Reviewing State-of-the-Art Exergy Analysis of Various Types of Heat Exchangers - Part 2: Plate, Cross Flow, and Other Heat Exchangers, Current Status and Challenges

The heat exchanger, a critical component in numerous processes across industrial and domestic sectors, plays a vital role in facilitating the exchange of thermal energy between different mediums. Its primary function is to enable the efficient redistribution of heat from systems with excess heat to those requiring it, thereby enhancing overall energy efficiency and contributing to environmental sustainability. Recent years have witnessed significant transformations in the global heat exchanger market, with manufacturers increasingly focusing on improving efficiency and performance. This study, following Part 1's examination of double-pipe and shell & tube heat exchangers, conducts a comprehensive review of scientific papers exploring the exergetic analysis of plate, cross-flow, and other heat exchanger types.

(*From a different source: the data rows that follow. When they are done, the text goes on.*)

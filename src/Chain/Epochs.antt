-- ===== src/Chain/Epochs.antt =====
-- The arithmetic of slots and epochs.
use beacon_kit.Chain.{ChainSpec, slot_to_epoch, ℕ, active_fork_version_for_slot}
use beacon_kit.Prelude.{◌≤◌, arith, ◌/◌, zero, suc}
use native.Mathlib.Nat.{div-le_self, div-zero, le-div_iff_mul-le, div-mul-le_self, le_trans}

pub slot_to_epoch_le : (cs : ChainSpec) (slot : ℕ) → slot_to_epoch cs slot ≤ slot
unfolding slot_to_epoch
slot_to_epoch_le cs slot = div-le_self slot cs.slots_per_epoch

div_mono : (a b n : ℕ) → a ≤ b → a / n ≤ b / n
div_mono a b zero h = rw (div-zero a, div-zero b) (omega arith)
div_mono a b (suc n) h =
    (le-div_iff_mul-le (omega arith)).1 (le_trans (div-mul-le_self a (suc n)) h)

-- The active fork never goes back as slots pass.
fork_version_mono :
    (cs : ChainSpec) (s t : ℕ)
    → s ≤ t
    → active_fork_version_for_slot cs s ≤ active_fork_version_for_slot cs t
unfolding active_fork_version_for_slot
fork_version_mono cs s t h = ground (arith, div_mono s t cs.slots_per_epoch)
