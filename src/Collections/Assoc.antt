-- ===== src/Collections/Assoc.antt =====
-- Association lists as the collections, on which tests and examples run.
use beacon_kit.Prelude.{
  ℕ, suc, List, [], ◌∷◌, map, Option, none, some, Bytes, Bool, false, ◌||◌, ◌≡◌, refl, ◌==◌,
  bytes_eq, bytes_eq_refl, if◌then◌else◌, ltb, leb, arith, not, ◌&&◌,
}
use beacon_kit.Exec.{Result, ok, err, external}
use beacon_kit.Collections.{Collections}
use beacon_kit.Types.Validator.{Validator}

-- Sorted by key.
abbrev pub insert : {V : Type 0} → List (ℕ × V) → ℕ → V → List (ℕ × V)
insert [] k v = (k, v) ∷ []
insert ((i, w) ∷ m) k v =
    let rest = insert m k v in
    if i == k then (k, v) ∷ m else if ltb k i then (k, v) ∷ (i, w) ∷ m else (i, w) ∷ rest

abbrev pub lookup : {V : Type 0} → List (ℕ × V) → ℕ → Option V
lookup [] k = none
lookup ((i, w) ∷ m) k = if i == k then some w else lookup m k

pub lookup-insert :
    {V : Type 0} (m : List (ℕ × V)) (k : ℕ) (v : V) (j : ℕ)
    → lookup (insert m k v) j ≡ (if k == j then some v else lookup m j)
lookup-insert [] k v j = refl
lookup-insert ((i, w) ∷ m) k v j = ground (arith, lookup-insert m k v j)

abbrev pub remove : {V : Type 0} → List (ℕ × V) → ℕ → List (ℕ × V)
remove [] k = []
remove ((i, w) ∷ m) k = let rest = remove m k in if i == k then rest else (i, w) ∷ rest

pub lookup-remove :
    {V : Type 0} (m : List (ℕ × V)) (k j : ℕ)
    → lookup (remove m k) j ≡ (if k == j then none else lookup m j)
lookup-remove [] k j = ground arith
lookup-remove ((i, w) ∷ m) k j = ground (arith, lookup-remove m k j)

abbrev pub find_key : List (ℕ × Validator) → Bytes → Option ℕ
find_key [] pubkey = none
find_key ((i, v) ∷ m) pubkey = if bytes_eq v.pubkey pubkey then some i else find_key m pubkey

-- Some entry under another key has the public key.
abbrev pub taken : List (ℕ × Validator) → ℕ → Bytes → Bool
taken [] k pubkey = false
taken ((i, v) ∷ m) k pubkey = (not (i == k) && bytes_eq v.pubkey pubkey) || taken m k pubkey

abbrev pub insert_unique : List (ℕ × Validator) → ℕ → Validator → Result (List (ℕ × Validator))
insert_unique m k v = if taken m k v.pubkey then err (external 1) else ok (insert m k v)

find_key-insert :
    (m : List (ℕ × Validator)) (k : ℕ) (v : Validator)
    → taken m k v.pubkey ≡ false
    → find_key (insert m k v) v.pubkey ≡ some k
find_key-insert [] k v h = ground (arith, bytes_eq_refl v.pubkey)
find_key-insert ((i, w) ∷ m) k v h = ground (arith, bytes_eq_refl v.pubkey, find_key-insert m k v)

-- The keys by effective balance, then by key.
abbrev pub insert_by_balance : ℕ × Validator → List (ℕ × Validator) → List (ℕ × Validator)
insert_by_balance (k, v) [] = (k, v) ∷ []
insert_by_balance (k, v) ((i, w) ∷ m) =
    let rest = insert_by_balance (k, v) m in
    if leb v.effective_balance w.effective_balance then (k, v) ∷ (i, w) ∷ m else (i, w) ∷ rest

abbrev pub sort_by_balance : List (ℕ × Validator) → List (ℕ × Validator)
sort_by_balance [] = []
sort_by_balance (e ∷ m) = insert_by_balance e (sort_by_balance m)

pub lookup-insert_unique :
    (r : List (ℕ × Validator)) (k : ℕ) (v : Validator) (r' : List (ℕ × Validator)) (j : ℕ)
    → insert_unique r k v ≡ ok r'
    → lookup r' j ≡ (if k == j then some v else lookup r j)
lookup-insert_unique r k v r' j h = ground (arith, lookup-insert r k v j)

pub find_key-insert_unique :
    (r : List (ℕ × Validator)) (k : ℕ) (v : Validator) (r' : List (ℕ × Validator))
    → insert_unique r k v ≡ ok r'
    → find_key r' v.pubkey ≡ some k
find_key-insert_unique r k v r' h = ground (arith, find_key-insert r k v)

abbrev pub assoc : Collections
assoc = record {
  Item = Option;
  read = λ i. i;
  write = λ i v. some v;
  read-write = λ i v. refl;
  Map = λ V. List (ℕ × V);
  get = lookup;
  put = insert;
  values = map (λ e. e.1);
  get-put = lookup-insert;
  remove = remove;
  get-remove = lookup-remove;
  Sequence = ℕ;
  peek = λ s. s;
  advance = suc;
  peek-advance = λ s. refl;
  Registry = List (ℕ × Validator);
  validator = lookup;
  put_validator = insert_unique;
  index_by_pubkey = find_key;
  validators = map (λ e. e.1);
  by_effective_balance = λ r. map (λ e. e.0) (sort_by_balance r);
  validator-put = lookup-insert_unique;
  index_by_pubkey-put = find_key-insert_unique;
}
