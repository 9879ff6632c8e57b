-- ===== src/Math.antt =====
-- mod/primitives/pkg/math/u64.go: the powers of two and the logarithms of a uint64.
pub mod Bits
pub mod Powers
use Prim.Native.Nat.{bit_or}
use beacon_kit.Prelude.{
  ℕ, zero, suc, ◌+◌, ◌%◌, ◌/◌, ◌^◌, Bytes, ltb, ◌==◌, if◌then◌else◌, add64, sub64,
}
use beacon_kit.Exec.{Result, ok, err, panic}

-- u |= u >> s
unfoldable pub or_shifted : ℕ → ℕ → ℕ
or_shifted s u = bit_or u (u / 2 ^ s)

-- The six shifts of NextPowerOfTwo and PrevPowerOfTwo.
unfoldable pub smear : ℕ → ℕ
unfolding or_shifted
smear u =
    or_shifted 32 (or_shifted 16 (or_shifted 8 (or_shifted 4 (or_shifted 2 (or_shifted 1 u)))))

-- NextPowerOfTwo
unfoldable pub next_power_of_two : ℕ → Result ℕ
unfolding smear add64 sub64
next_power_of_two u =
    if u == 0 then ok 1 else if ltb (2 ^ 63) u then err panic else ok (add64 (smear (sub64 u 1)) 1)

-- PrevPowerOfTwo
unfoldable pub prev_power_of_two : ℕ → ℕ
unfolding smear sub64
prev_power_of_two u = if u == 0 then 1 else sub64 (smear u) (smear u / 2)

-- bits.Len64, over the bits that are left to look at: 64 are enough for a uint64.
unfoldable pub bit_length : ℕ → ℕ → ℕ
bit_length zero u = 0
bit_length (suc rounds) u = let rest = bit_length rounds (u / 2) in if u == 0 then 0 else suc rest

-- ILog2Ceil
unfoldable pub ilog2_ceil : ℕ → ℕ
unfolding sub64
ilog2_ceil u = if u == 0 then 0 else bit_length 64 (sub64 u 1)

-- ILog2Floor, as a uint8.
unfoldable pub ilog2_floor : ℕ → ℕ
ilog2_floor u = if u == 0 then 0 else (bit_length 64 u + 255) % 256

The paper delves into the current status and challenges faced by this technology, presenting an exhaustive literature survey covering entropy generation, cumulative exergy destruction, nanofluids, geometric considerations, and the influence of two-phase fluids on the exergetic characteristics of heat exchangers. Moreover, the report elucidates how various optimization approaches impact the second law's efficiency. In addition to presenting the state-of-the-art advancements, the paper addresses the challenges associated with heat exchanger technology. Furthermore, the paper discusses potential future research directions and areas of improvement, emphasizing the need for innovative solutions to address emerging challenges in the field of heat exchanger technology. In the realm of heat exchanger technology, challenges persist in enhancing efficiency, overcoming material constraints, addressing scalability issues, understanding complex two-phase flows, and minimizing environmental impact. Future research directions aim to explore advanced materials with superior properties, innovative geometries for optimal performance, integration with renewable energy sources, smart technologies for adaptive control, machine learning applications for predictive modeling, and the potential of miniaturization and microscale heat exchangers. These endeavors seek to propel the field towards greater efficiency, sustainability, and adaptability across various applications.